Postby qovapryi » December 20th, 2014, 1:56 pm

Voodoo's Second Chance (Part 1 of 4)

May 13, 2014
Amsterdam, The Netherlands

Moki Ixtlahuac shifted in the bed for what must have been the hundredth time that night. The gentle buzz produced by the half bottle of Jack Daniel's he'd downed earlier in the evening couldn't quite drown the powerful snoring emitted by his teammate Adil Ghafoor, the Pakistan-born brown bear sleeping like a log in the bed nearby.

For some reason, the imminent EuroBasket qualification game against Bosnia-Hercegovina was oddly distant from the buck's hazy thoughts, right at the moment where his focus should have been the highest. The Netherlands hadn't a good track record in the competition, having missed the qualification for twenty-five years straight, but a recent resurge of interest in the country (helped by the presence in the roster of two FBA prospects such as Christiaan Hengst and Debbie Michaels) had finally propelled them to the second round.

Regardless of that, one single thought kept insinuating into Moki's mind. One that had been haunting in his head for the better part of the last two years, often aided by generous amounts of alcohol and the victimization and frustration that followed all those lonely, whiskey nights.

Can you really get booted from the FBA because people think you're too nice to play pro basketball?

That one statement had been tailing him since his very first steps in the big leagues. After being picked by the Lorain Firestorm at the very end of the 2010 draft, Moki surely didn't expect to make an impact right off the bat, the young and inexperienced buck trying to make his way into a strong, close-knit rotation.
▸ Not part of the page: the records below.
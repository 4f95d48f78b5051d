-- ===== src/Menu/Build.antt =====
-- scripts/kconfig/menu.c: the calls that the parser makes for nested entries, and the nodes that one of
-- them adds.
pub mod Links
use mathlib.Core.Path.{subst}
use kdevops.Prelude.{
  ℕ, suc, ◌+◌, ◌<◌, ◌≡◌, refl, sym, ap, ◌∙◌, true, false, Option, none, some, arith, ◌==◌,
  if◌then◌else◌,
}
use kdevops.Expr.{SymId}
use kdevops.Symbol.{Store}
use kdevops.Menu.{
  Menu, Slot, next_of, list_of, Menus, World, blank, update_node, set_slot, menu_init, add_node,
  add_place, menu_add_entry, menu_add_menu, menu_end_menu,
}
use kdevops.Menu.Tree.{Forest, nil, config, block, size, first, Entry, Linked, Linked-same}
use kdevops.Menu.Walk.{◌>>=◌}

-- The calls for the entries of a level: an entry with a level of its own is a menu, a choice or an `if`.
unfoldable pub parse : Forest → World → Option World
unfolding menu_add_entry menu_add_menu menu_end_menu
parse nil w = some w
parse (config s rest) w = parse rest (menu_add_entry s w)
parse (block s inner rest) w =
    parse inner (menu_add_menu (menu_add_entry s w)) >>= λ w'. menu_end_menu w' >>= parse rest

abbrev owner : Slot → ℕ
owner (next_of m) = m
owner (list_of m) = m

abbrev slot_value : Slot → (ℕ → Menu) → Option ℕ
slot_value (next_of m) node = (node m).next
slot_value (list_of m) node = (node m).list

pub set_slot-ne :
    (slot : Slot) (v : Option ℕ) (node : ℕ → Menu) (k : ℕ)
    → (k == owner slot) ≡ false
    → set_slot slot v node k ≡ node k
set_slot-ne (next_of m) v node k h = rw h refl
set_slot-ne (list_of m) v node k h = rw h refl

set_slot-local :
    (slot : Slot) (v : Option ℕ) (node node' : ℕ → Menu) (k : ℕ)
    → node k ≡ node' k
    → set_slot slot v node k ≡ set_slot slot v node' k
set_slot-local (next_of m) v node node' k h =
    ap (λ x. if k == m then record x { next = v } else x) h
set_slot-local (list_of m) v node node' k h =
    ap (λ x. if k == m then record x { list = v } else x) h

==_self : (n : ℕ) → (n == n) ≡ true
==_self n = ground arith

-- Writing what is there changes nothing.
pub set_slot-none :
    (slot : Slot) (node : ℕ → Menu) (k : ℕ)
    → slot_value slot node ≡ none
    → node k ≡ set_slot slot none node k
set_slot-none (next_of m) node k h = ground (arith, h)
set_slot-none (list_of m) node k h = ground (arith, h)

-- The next entry goes to a free slot of a level below `par`, and has the number `n`.
pub record Ready (ms : Menus) (par n : ℕ) : Type 0 where
  pub fresh_lem : ms.fresh ≡ n
  pub current_lem : ms.current_menu ≡ some par
  pub slot_none : slot_value ms.last_entry ms.node ≡ none
  pub owner_lt : owner ms.last_entry < n

-- The level is linked in behind the slot, and no other node has changed.
pub record Built (ms ms' : Menus) (par n : ℕ) (f : Forest) : Type 0 where
  pub ready : Ready ms' par (n + size f)
  pub before : (k : ℕ) → k < n → ms'.node k ≡ set_slot ms.last_entry (first f n) ms.node k
  pub linked : Linked ms'.node par f n

pub record Parsed (o : Option World) (ms : Menus) (par n : ℕ) (f : Forest) : Type 0 where
  pub world : World
  pub result : o ≡ some world
  pub built : Built ms world.menus par n f

pub add_place-menus : (s : Option SymId) (w : World) → (add_place s w).menus ≡ w.menus
unfolding add_place
add_place-menus none w = refl
add_place-menus (some s) w = refl

-- The node that is added.
pub new-node :
    (s : Option SymId) (ms : Menus) (par n : ℕ)
    → Ready ms par n
    → (add_node s ms).node n ≡ record blank { sym = s; parent = some par }
new-node s ms par n r =
    set_slot-ne ms.last_entry (some ms.fresh)
      (update_node ms.fresh (λ x. record blank { sym = s; parent = ms.current_menu }) ms.node) n
      (ground (arith, r.owner_lt))
    ∙ ground (arith, r.fresh_lem, r.current_lem)

pub add_node-before :
    (s : Option SymId) (ms : Menus) (par n k : ℕ)
    → Ready ms par n
    → k < n
    → (add_node s ms).node k ≡ set_slot ms.last_entry (some n) ms.node k
add_node-before s ms par n k r l =
    set_slot-local ms.last_entry (some ms.fresh)
      (update_node ms.fresh (λ x. record blank { sym = s; parent = ms.current_menu }) ms.node)
      ms.node k (ground (arith, l, r.fresh_lem))
    ∙ ap (λ f. set_slot ms.last_entry (some f) ms.node k) r.fresh_lem

pub add_node-Ready :
    (s : Option SymId) (ms : Menus) (par n : ℕ) → Ready ms par n → Ready (add_node s ms) par (suc n)
add_node-Ready s ms par n r = record {
  fresh_lem = omega (arith, r.fresh_lem);
  current_lem = r.current_lem;
  slot_none =
      ap (λ k. ((add_node s ms).node k).next) r.fresh_lem
      ∙ ap (λ x. x.next) (new-node s ms par n r);
  owner_lt = omega (arith, r.fresh_lem);
}

-- `menu_add_menu` behind it, for a level of its own.
abbrev pub inside : Menus → Menus
inside ms = record ms {
  last_entry = list_of ms.current_entry;
  current_menu = some ms.current_entry;
}

pub inside-Ready :
    (s : Option SymId) (ms : Menus) (par n : ℕ)
    → Ready ms par n
    → Ready (inside (add_node s ms)) n (suc n)
inside-Ready s ms par n r = record {
  fresh_lem = omega (arith, r.fresh_lem);
  current_lem = ap some r.fresh_lem;
  slot_none =
      ap (λ k. ((add_node s ms).node k).list) r.fresh_lem
      ∙ ap (λ x. x.list) (new-node s ms par n r);
  owner_lt = omega (arith, r.fresh_lem);
}

-- The node of an entry, once its level goes on with `v` and it has the entries `l` below it.
abbrev pub entry_node : Option SymId → ℕ → Option ℕ → Option ℕ → Menu
entry_node s par l v = record blank { sym = s; parent = some par; list = l; next = v }

pub entry_node-Entry :
    (node : ℕ → Menu) (par n : ℕ) (s : Option SymId) (l v : Option ℕ)
    → node n ≡ entry_node s par l v
    → Entry node par n s l v
entry_node-Entry node par n s l v h = record {
  parent_lem = ap (λ x. x.parent) h;
  sym_lem = ap (λ x. x.sym) h;
  list_lem = ap (λ x. x.list) h;
  next_lem = ap (λ x. x.next) h;
}

-- The link to what follows a node is written to the node.
pub linked_next :
    (s : Option SymId) (par n f : ℕ) (l v : Option ℕ) (node : ℕ → Menu)
    → f ≡ n
    → node n ≡ entry_node s par l none
    → set_slot (next_of f) v node n ≡ entry_node s par l v
linked_next s par n f l v node e h =
    ap (λ f. set_slot (next_of f) v node n) e
    ∙ rw (==_self n) (ap {B = Menu} (λ (x : Menu). record x { next = v }) h)

pub linked_list :
    (s : Option SymId) (par n f : ℕ) (l : Option ℕ) (node : ℕ → Menu)
    → f ≡ n
    → node n ≡ entry_node s par none none
    → set_slot (list_of f) l node n ≡ entry_node s par l none
linked_list s par n f l node e h =
    ap (λ f. set_slot (list_of f) l node n) e
    ∙ rw (==_self n) (ap {B = Menu} (λ (x : Menu). record x { list = l }) h)

-- What `menu_end_menu` makes of the state, for the menu `n` below `par`.
abbrev pub ended : ℕ → ℕ → Menus → Menus
ended par n ms = record ms { last_entry = next_of n; current_menu = some par }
The hard work he'd put in the gym every day would be rewarded sooner or later, he thought as he sat on the end of the bench, game after game, scrapping some garbage minutes here and there when the starters already had assured the 'Storm yet another victory.
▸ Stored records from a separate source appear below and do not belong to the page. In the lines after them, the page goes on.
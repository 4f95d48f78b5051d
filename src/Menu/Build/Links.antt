-- ===== src/Menu/Build/Links.antt =====
-- scripts/kconfig/menu.c: the links between the nodes that the calls of the parser make.
use mathlib.Core.Path.{subst}
use kdevops.Prelude.{ℕ, suc, ◌+◌, ◌≡◌, refl, sym, ap, ◌∙◌, Option, none, some, arith}
use kdevops.Expr.{SymId}
use kdevops.Symbol.{Store}
use kdevops.Menu.{
  next_of, list_of, Menus, World, blank, menu_init, add_node, menu_add_entry, menu_add_menu,
  menu_end_menu,
}
use kdevops.Menu.Tree.{Forest, nil, config, block, size, first, Linked, Linked-same}
use kdevops.Menu.Walk.{◌>>=◌}
use kdevops.Menu.Build.{
  parse, set_slot-ne, set_slot-none, Ready, Built, Parsed, add_place-menus, new-node,
  add_node-before, add_node-Ready, inside, inside-Ready, entry_node, entry_node-Entry, linked_next,
  linked_list, ended,
}

module _ (s : Option SymId) (inner rest : Forest) (ms : Menus) (par n : ℕ)
    (r : Ready ms par n) where
  -- An entry without a level of its own, and the rest of its level.
  config-Built :
      (ms' : Menus)
      → Built (add_node s ms) ms' par (suc n) rest
      → Built ms ms' par n (config s rest)
  config-Built ms' b = record {
    ready = subst (Ready ms' par) (omega arith) b.ready;
    before = λ k l.
        b.before k (omega (arith, l))
        ∙ set_slot-ne (next_of ms.fresh) (first rest (suc n)) (add_node s ms).node k
            (ground (arith, l, r.fresh_lem))
        ∙ add_node-before s ms par n k r l;
    linked = (
      entry_node-Entry ms'.node par n s none (first rest (suc n)) (
          b.before n (omega arith)
          ∙ linked_next s par n ms.fresh none (first rest (suc n)) (add_node s ms).node r.fresh_lem
              (new-node s ms par n r)),
      b.linked,
    );
  }

  -- An entry with a level of its own: the node, once that level is there.
  inner-node :
      (ms3 : Menus)
      → Built (inside (add_node s ms)) ms3 n (suc n) inner
      → ms3.node n ≡ entry_node s par (first inner (suc n)) none
  inner-node ms3 b =
      b.before n (omega arith)
      ∙ linked_list s par n ms.fresh (first inner (suc n)) (add_node s ms).node r.fresh_lem
          (new-node s ms par n r)

  ended-Ready :
      (ms3 : Menus)
      → Built (inside (add_node s ms)) ms3 n (suc n) inner
      → Ready (ended par n ms3) par (suc n + size inner)
  ended-Ready ms3 b = record {
    fresh_lem = b.ready.fresh_lem;
    current_lem = refl;
    slot_none = ap (λ x. x.next) (inner-node ms3 b);
    owner_lt = omega arith;
  }

  end_inner :
      (w : World)
      → Built (inside (add_node s ms)) w.menus n (suc n) inner
      → menu_end_menu w ≡ some (record w { menus = ended par n w.menus })
  unfolding menu_end_menu
  end_inner w b =
      let made : Option ℕ → World =
        λ o. record w { menus = record w.menus { last_entry = next_of n; current_menu = o } } in
      ap
        (λ o. elim o as (λ o. Option World) [
          | none ↦ none
          | some m ↦ some (record w {
            menus = record w.menus {
              last_entry = next_of m;
              current_menu = (w.menus.node m).parent;
            };
          })
        ])
        b.ready.current_lem
      ∙ ap (λ o. some (made o)) (ap (λ x. x.parent) (inner-node w.menus b))

  block-Built :
      (ms3 ms' : Menus)
      → Built (inside (add_node s ms)) ms3 n (suc n) inner
      → Built (ended par n ms3) ms' par (suc n + size inner) rest
      → Built ms ms' par n (block s inner rest)
  block-Built ms3 ms' b b' =
      let m : ℕ = suc n + size inner in
      record {
        ready = subst (Ready ms' par) (omega arith) b'.ready;
        before = λ k l.
            b'.before k (omega (arith, l))
            ∙ set_slot-ne (next_of n) (first rest m) ms3.node k (ground (arith, l))
            ∙ b.before k (omega (arith, l))
            ∙ set_slot-ne (list_of ms.fresh) (first inner (suc n)) (add_node s ms).node k
                (ground (arith, l, r.fresh_lem))
            ∙ add_node-before s ms par n k r l;
        linked = (
          entry_node-Entry ms'.node par n s (first inner (suc n)) (first rest m) (
              b'.before n (omega arith)
              ∙ linked_next s par n n (first inner (suc n)) (first rest m) ms3.node refl
                  (inner-node ms3 b)),
          Linked-same ms3.node ms'.node n inner (suc n)
              (λ k lo hi.
                b'.before k hi
                ∙ set_slot-ne (next_of n) (first rest m) ms3.node k (ground (arith, lo)))
              b.linked,
          b'.linked,
        );
      }

parse-Parsed :
    (f : Forest) (w : World) (par n : ℕ) → Ready w.menus par n → Parsed (parse f w) w.menus par n f
unfolding parse menu_add_entry menu_add_menu
parse-Parsed nil w par n r = record {
  world = w;
  result = refl;
  built = record {
    ready = subst (Ready w.menus par) (omega arith) r;
    before = λ k l. set_slot-none w.menus.last_entry w.menus.node k r.slot_none;
    linked = tt;
  };
}
parse-Parsed (config s rest) w par n r =
    let added : (menu_add_entry s w).menus ≡ add_node s w.menus =
      add_place-menus s (record w { menus = add_node s w.menus }) in
    let p =
      parse-Parsed rest (menu_add_entry s w) par (suc n)
        (subst (λ ms. Ready ms par (suc n)) (sym added) (add_node-Ready s w.menus par n r)) in
    record {
      world = p.world;
      result = p.result;
      built =
          config-Built s nil rest w.menus par n r p.world.menus
            (subst (λ ms. Built ms p.world.menus par (suc n) rest) added p.built);
    }
parse-Parsed (block s inner rest) w par n r =
    let added : (menu_add_entry s w).menus ≡ add_node s w.menus =
      add_place-menus s (record w { menus = add_node s w.menus }) in
    let p =
      parse-Parsed inner (menu_add_menu (menu_add_entry s w)) n (suc n)
        (subst (λ ms. Ready (inside ms) n (suc n)) (sym added) (inside-Ready s w.menus par n r)) in
    let b : Built (inside (add_node s w.menus)) p.world.menus n (suc n) inner =
      subst (λ ms. Built (inside ms) p.world.menus n (suc n) inner) added p.built in
    let w4 : World = record p.world { menus = ended par n p.world.menus } in
    let q =
      parse-Parsed rest w4 par (suc n + size inner)
        (ended-Ready s inner rest w.menus par n r p.world.menus b) in
    record {
      world = q.world;
      result =
          ap (λ o. o >>= λ w'. menu_end_menu w' >>= parse rest) p.result
          ∙ ap (λ o. o >>= parse rest) (end_inner s inner rest w.menus par n r p.world b)
          ∙ q.result;
      built = block-Built s inner rest w.menus par n r p.world.menus q.world.menus b q.built;
    }

init-Ready : Ready menu_init 0 1
unfolding menu_init
init-Ready = record {
  fresh_lem = refl;
  current_lem = refl;
  slot_none = refl;
  owner_lt = omega arith;
}

-- The calls for nested entries, after _menu_init, have a result, in which the nodes are linked as the
-- same tree below the root menu, numbered from 1 in the order of the calls. The root menu, with neither
-- a parent nor a node behind it, is the current one again.
pub parse-Linked :
    (f : Forest) (st : Store)
    → (w : World) × (parse f (record { store = st; menus = menu_init }) ≡ some w)
      × Linked w.menus.node 0 f 1
      × (w.menus.node 0 ≡ record blank { list = first f 1 })
      × (w.menus.current_menu ≡ some 0)
unfolding menu_init
parse-Linked f st =
    let p = parse-Parsed f (record { store = st; menus = menu_init }) 0 1 init-Ready in
    (p.world, p.result, p.built.linked, p.built.before 0 (omega arith), p.built.ready.current_lem)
That until he got to learn how often luck finds a way to strike in the most unexpected ways.

During an away game against the Keystones, with the result still up in the air, starting center Erich Haber had collapsed on the floor with a back injury. After the mink had been carried off on a stretcher, Coach Dresden had slidden Aisha Melbourne to center and Gerry Cross to point forward, putting Moki in as small forward in order to bring some much-needed athleticism to the crippled line-up.

Even without the German giant, the team could ball. Shot after shot had fallen, the lead on Pittsburgh quickly regained and then changing over and over in an exciting game of back-and-forth. The game was down to the wire – the two teams tied with 102 apiece and twenty seconds on the clock - when on a fortuitous fast break the ball had gotten to the buck, allowing him to score the easiest uncontested layup in basketball history. Which he'd missed.
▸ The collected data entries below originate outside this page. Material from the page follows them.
-- ===== src/Menu/Walk/Order.antt =====
-- scripts/kconfig/confdata.c: the walk through linked menus and the recursion on the tree.
use kdevops.Prelude.{
  ℕ, zero, suc, ◌+◌, ◌-◌, ◌≤◌, ◌<◌, ◌≡◌, ◌≢◌, refl, sym, ap, ◌∙◌, Option, none, some, arith,
}
use kdevops.Menu.{Menu}
use kdevops.Menu.Tree.{Forest, nil, config, block, size, first, Linked}
use kdevops.Menu.Walk.{◌>>=◌, climb, next_menu, walk, after_inner, visit}

bind_cong :
    {A B : Type 0} (o : Option A) (f g : A → Option B)
    → ((a : A) → f a ≡ g a)
    → (o >>= f) ≡ (o >>= g)
bind_cong none f g h = refl
bind_cong (some a) f g h = h a

bind_assoc :
    {A B C : Type 0} (o : Option A) (f : A → Option B) (g : B → Option C)
    → ((o >>= f) >>= g) ≡ (o >>= λ a. f a >>= g)
bind_assoc none f g = refl
bind_assoc (some a) f g = refl

bind_some : {A : Type 0} (o : Option A) → (o >>= some) ≡ o
bind_some none = refl
bind_some (some a) = refl

ne_none : {A : Type 0} {o : Option A} {a : A} → o ≡ some a → o ≢ none
ne_none e q = cc (e, q)

-- The rounds for a level, in front of `g` more.
abbrev pub rounds : Forest → ℕ → ℕ
rounds nil g = g
rounds (config s rest) g = suc (rounds rest g)
rounds (block s inner rest) g = suc (rounds inner (rounds rest g))

pub rounds-size : (f : Forest) (g : ℕ) → rounds f g ≡ size f + g
rounds-size nil g = omega arith
rounds-size (config s rest) g = omega (arith, rounds-size rest g)
rounds-size (block s inner rest) g =
    omega (arith, rounds-size inner (rounds rest g), rounds-size rest g)

module _ {S : Type 0} (node : ℕ → Menu) (enter leave : ℕ → S → Option S) (steps : ℕ) where
  abbrev go : ℕ → Option ℕ × S → Option S
  go g r = walk node enter leave steps g r.0 r.1

  -- From a level below `par`, the walk goes on as `up` does.
  abbrev Up : ℕ → ℕ → (S → Option S) → Type 0
  Up par g up =
      (k d : ℕ) (s : S)
      → (node k).parent ≡ some par
      → suc par < d
      → (climb node enter leave d k s >>= go g) ≡ up s

  -- What `climb` does once a node is left.
  abbrev to_next : ℕ → ℕ → Option ℕ → S → Option (Option ℕ × S)
  to_next d n o s = elim o [ some q ↦ some (some q, s) | none ↦ climb node enter leave d n s ]

  abbrev above : ℕ → ℕ → S → Option (Option ℕ × S)
  above d n s = to_next d n (node n).next s

  abbrev to_parent : ℕ → Option ℕ → S → Option (Option ℕ × S)
  to_parent d o s = elim o [ none ↦ some (none, s) | some p ↦ leave p s >>= above d p ]

  -- The walk from the start of a level.
  level : Forest → ℕ → ℕ → (S → Option S) → S → Option S
  level nil n g up s = up s
  level (config a rest) n g up s = go (rounds (config a rest) g) (some n, s)
  level (block a inner rest) n g up s = go (rounds (block a inner rest) g) (some n, s)

  -- Behind a node comes the rest of its level.
  onward :
      (rest : Forest) (m n par g d : ℕ) (up : S → Option S) (s : S)
      → (node n).next ≡ first rest m
      → (node n).parent ≡ some par
      → suc par < d
      → Up par g up
      → (above d n s >>= go (rounds rest g)) ≡ level rest m g up s
  unfolding level
  onward nil m n par g d up s e p l u = ap (λ o. to_next d n o s >>= go g) e ∙ u n d s p l
  onward (config a rest) m n par g d up s e p l u =
      ap (λ o. to_next d n o s >>= go (rounds (config a rest) g)) e
  onward (block a inner rest) m n par g d up s e p l u =
      ap (λ o. to_next d n o s >>= go (rounds (block a inner rest) g)) e

  -- At the end of the inner level its node is left.
  inner-Up :
      (rest : Forest) (m n par g : ℕ) (up : S → Option S)
      → (node n).next ≡ first rest m
      → (node n).parent ≡ some par
      → par < n
      → Up par g up
      → Up n (rounds rest g) (λ s. leave n s >>= level rest m g up)
  unfolding climb
  inner-Up rest m n par g up e p l u k zero s q h = absurd (omega (arith, h))
  inner-Up rest m n par g up e p l u k (suc d) s q h =
      ap (λ o. to_parent d o s >>= go (rounds rest g)) q
      ∙ bind_assoc (leave n s) (above d n) (go (rounds rest g))
      ∙ bind_cong (leave n s) (λ s'. above d n s' >>= go (rounds rest g)) (level rest m g up)
          (λ s'. onward rest m n par g d up s' e p (omega (arith, l, h)) u)

  abbrev to_list : ℕ → Option ℕ → S → Option (Option ℕ × S)
  to_list n o s = elim o [ some q ↦ some (some q, s) | none ↦ above steps n s ]

  -- Behind the node of a level that has entries comes the first of them.
  next-inner :
      (inner : Forest) (n g : ℕ) (up : S → Option S) (s : S)
      → (node n).list ≡ first inner (suc n)
      → ((node n).list ≡ none → (next_menu node enter leave steps n s >>= go g) ≡ up s)
      → (next_menu node enter leave steps n s >>= go (rounds inner g)) ≡ level inner (suc n) g up s
  unfolding next_menu level
  next-inner nil n g up s e h = h e
  next-inner (config a rest) n g up s e h =
      ap (λ o. to_list n o s >>= go (rounds (config a rest) g)) e
  next-inner (block a inner rest) n g up s e h =
      ap (λ o. to_list n o s >>= go (rounds (block a inner rest) g)) e

  module _ (inner rest : Forest) (n m g : ℕ) (up : S → Option S)
      (ih_rest : (s : S) → level rest m g up s ≡ (visit node enter leave rest m s >>= up)) where
    -- A node without entries below it.
    flat :
        (par : ℕ) (s : S)
        → (node n).list ≡ none
        → (node n).next ≡ first rest m
        → (node n).parent ≡ some par
        → suc par < steps
        → Up par g up
        → (next_menu node enter leave steps n s >>= go (rounds rest g))
          ≡ (visit node enter leave rest m s >>= up)
    unfolding next_menu
    flat par s e x p l u =
        ap (λ o. to_list n o s >>= go (rounds rest g)) e
        ∙ onward rest m n par g steps up s x p l u
        ∙ ih_rest s

    abbrev then_leave : S → Option S
    then_leave s = leave n s >>= level rest m g up

    -- A node with entries below it.
    deep :
        (s : S)
        → (node n).list ≡ first inner (suc n)
        → (node n).list ≢ none
        → ((s : S) → after_inner node enter leave inner n s ≡ leave n s)
        → ((s : S)
            → level inner (suc n) (rounds rest g) then_leave s
              ≡ (visit node enter leave inner (suc n) s >>= then_leave))
        → (next_menu node enter leave steps n s >>= go (rounds inner (rounds rest g))) ≡ (
            (visit node enter leave inner (suc n) s >>= λ s2.
            after_inner node enter leave inner n s2 >>= visit node enter leave rest m)
            >>= up)
    deep s e ne a ih =
        next-inner inner n (rounds rest g) then_leave s e (λ q. absurd (ne q))
        ∙ ih s
        ∙ bind_cong (visit node enter leave inner (suc n) s) then_leave
            (λ s2.
              (after_inner node enter leave inner n s2 >>= visit node enter leave rest m) >>= up)
            (λ s2.
              bind_cong (leave n s2) (level rest m g up)
                (λ s3. visit node enter leave rest m s3 >>= up) ih_rest
              ∙ sym (bind_assoc (leave n s2) (visit node enter leave rest m) up)
              ∙ ap (λ o. (o >>= visit node enter leave rest m) >>= up) (sym (a s2)))
        ∙ sym (
            bind_assoc (visit node enter leave inner (suc n) s)
              (λ s2. after_inner node enter leave inner n s2 >>= visit node enter leave rest m) up)

  -- The root menu is the last one that is left.
  root-Up : (node 0).next ≡ none → (node 0).parent ≡ none → (g : ℕ) → Up 0 g (leave 0)
  unfolding climb walk
  root-Up nx pa g k zero s q h = absurd (omega (arith, h))
  root-Up nx pa g k (suc zero) s q h = absurd (omega (arith, h))
  root-Up nx pa g k (suc (suc d)) s q h =
      ap (λ o. to_parent (suc d) o s >>= go g) q
      ∙ bind_assoc (leave 0 s) (above (suc d) 0) (go g)
      ∙ bind_cong (leave 0 s) (λ s'. above (suc d) 0 s' >>= go g) some
          (λ s'.
            ap (λ o. to_next (suc d) 0 o s' >>= go g) nx ∙ ap (λ o. to_parent d o s' >>= go g) pa)
      ∙ bind_some (leave 0 s)

  -- Entering a node, with what follows it on both sides.
  entered :
      (n r : ℕ) (v : S → Option S) (up : S → Option S) (s : S)
      → ((s' : S) → (next_menu node enter leave steps n s' >>= go r) ≡ (v s' >>= up))
      → (enter n s >>= λ s'. next_menu node enter leave steps n s' >>= go r)
        ≡ ((enter n s >>= v) >>= up)
  entered n r v up s h =
      bind_cong (enter n s) (λ s'. next_menu node enter leave steps n s' >>= go r)
        (λ s'. v s' >>= up) h
      ∙ sym (bind_assoc (enter n s) v up)

  level-visit :
      (f : Forest) (n par g : ℕ) (up : S → Option S)
      → Linked node par f n
      → par < n
      → n + size f ≤ steps
      → Up par g up
      → (s : S) → level f n g up s ≡ (visit node enter leave f n s >>= up)
  unfolding level walk visit after_inner
  level-visit nil n par g up k l b u s = refl
  level-visit (config a rest) n par g up (e, k) l b u s =
      entered n (rounds rest g) (visit node enter leave rest (suc n)) up s (λ s'.
        flat nil rest n (suc n) g up
          (level-visit rest (suc n) par g up k (omega (arith, l)) (omega (arith, b)) u) par s'
          e.list_lem e.next_lem e.parent_lem (omega (arith, l, b)) u)
  level-visit (block a nil rest) n par g up (e, j, k) l b u s =
      entered n (rounds rest g) (visit node enter leave rest (suc n + 0)) up s (λ s'.
        flat nil rest n (suc n + 0) g up
          (level-visit rest (suc n + 0) par g up k (omega (arith, l)) (omega (arith, b)) u) par s'
          e.list_lem e.next_lem e.parent_lem (omega (arith, l, b)) u)
  level-visit (block a (config c i) rest) n par g up (e, j, k) l b u s =
      let m : ℕ = suc n + size (config c i) in
      let ih : (s : S) → level rest m g up s ≡ (visit node enter leave rest m s >>= up) =
        level-visit rest m par g up k (omega (arith, l)) (omega (arith, b)) u in
      entered n (rounds (config c i) (rounds rest g))
        (λ s1. visit node enter leave (config c i) (suc n) s1 >>= λ s2.
          after_inner node enter leave (config c i) n s2 >>= visit node enter leave rest m)
        up s
        (λ s'.
          deep (config c i) rest n m g up ih s' e.list_lem (ne_none e.list_lem) (λ s2. refl)
            (level-visit (config c i) (suc n) n (rounds rest g)
              (then_leave (config c i) rest n m g up ih) j (omega arith) (omega (arith, b))
              (inner-Up rest m n par g up e.next_lem e.parent_lem l u)))
  level-visit (block a (block c i i') rest) n par g up (e, j, k) l b u s =
      let m : ℕ = suc n + size (block c i i') in
      let ih : (s : S) → level rest m g up s ≡ (visit node enter leave rest m s >>= up) =
        level-visit rest m par g up k (omega (arith, l)) (omega (arith, b)) u in
      entered n (rounds (block c i i') (rounds rest g))
        (λ s1. visit node enter leave (block c i i') (suc n) s1 >>= λ s2.
          after_inner node enter leave (block c i i') n s2 >>= visit node enter leave rest m)
        up s
        (λ s'.
          deep (block c i i') rest n m g up ih s' e.list_lem (ne_none e.list_lem) (λ s2. refl)
            (level-visit (block c i i') (suc n) n (rounds rest g)
              (then_leave (block c i i') rest n m g up ih) j (omega arith) (omega (arith, b))
              (inner-Up rest m n par g up e.next_lem e.parent_lem l u)))

-- Where the nodes from 1 to `last` are linked as a tree below the root menu, the walk from the root's
-- first entry, with enough rounds and steps, does what the recursion on the tree does, whatever is done
-- at the nodes: each node is entered before the entries below it, left behind them, and the root is left
-- at the end.
pub walk-visit :
    {S : Type 0} (node : ℕ → Menu) (enter leave : ℕ → S → Option S) (steps fuel : ℕ) (f : Forest)
    (s : S)
    → Linked node 0 f 1
    → (node 0).list ≡ first f 1
    → (node 0).next ≡ none
    → (node 0).parent ≡ none
    → size f < steps
    → size f ≤ fuel
    → walk node enter leave steps fuel (node 0).list s
      ≡ (visit node enter leave f 1 s >>= after_inner node enter leave f 0)
unfolding climb walk visit after_inner level
walk-visit node enter leave steps fuel f s k li nx pa a b =
    ap (λ o. walk node enter leave steps fuel o s) li
    ∙ ap (λ t. walk node enter leave steps t (first f 1) s) {x = fuel}
        {y = rounds f (fuel - size f)} (omega (arith, b, rounds-size f (fuel - size f)))
    ∙ root_level f (fuel - size f) k a
  where
    root_level :
        (f : Forest) (g : ℕ)
        → Linked node 0 f 1
        → size f < steps
        → walk node enter leave steps (rounds f g) (first f 1) s
          ≡ (visit node enter leave f 1 s >>= after_inner node enter leave f 0)
    root_level nil g k a = refl
    root_level (config c i) g k a =
        level-visit node enter leave steps (config c i) 1 0 g (leave 0) k (omega arith)
          (omega (arith, a)) (root-Up node enter leave steps nx pa g) s
    root_level (block c i j) g k a =
        level-visit node enter leave steps (block c i j) 1 0 g (leave 0) k (omega arith)
          (omega (arith, a)) (root-Up node enter leave steps nx pa g) s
A few seconds later, a 3-ball from Anthony Rios had handed the victory to the Keystones, 105-102.

From that moment on, Moki's destiny in Lorain had been marked. Within a week the Firestorm message board had exploded with all sorts of messages begging the team's GM Anthony Morrison to trade him as soon as possible. People called him “Extra Guac” and made up countless snarky remarks and jokes about that fatal play.

That, ultimately, turned out be the reason of his demise.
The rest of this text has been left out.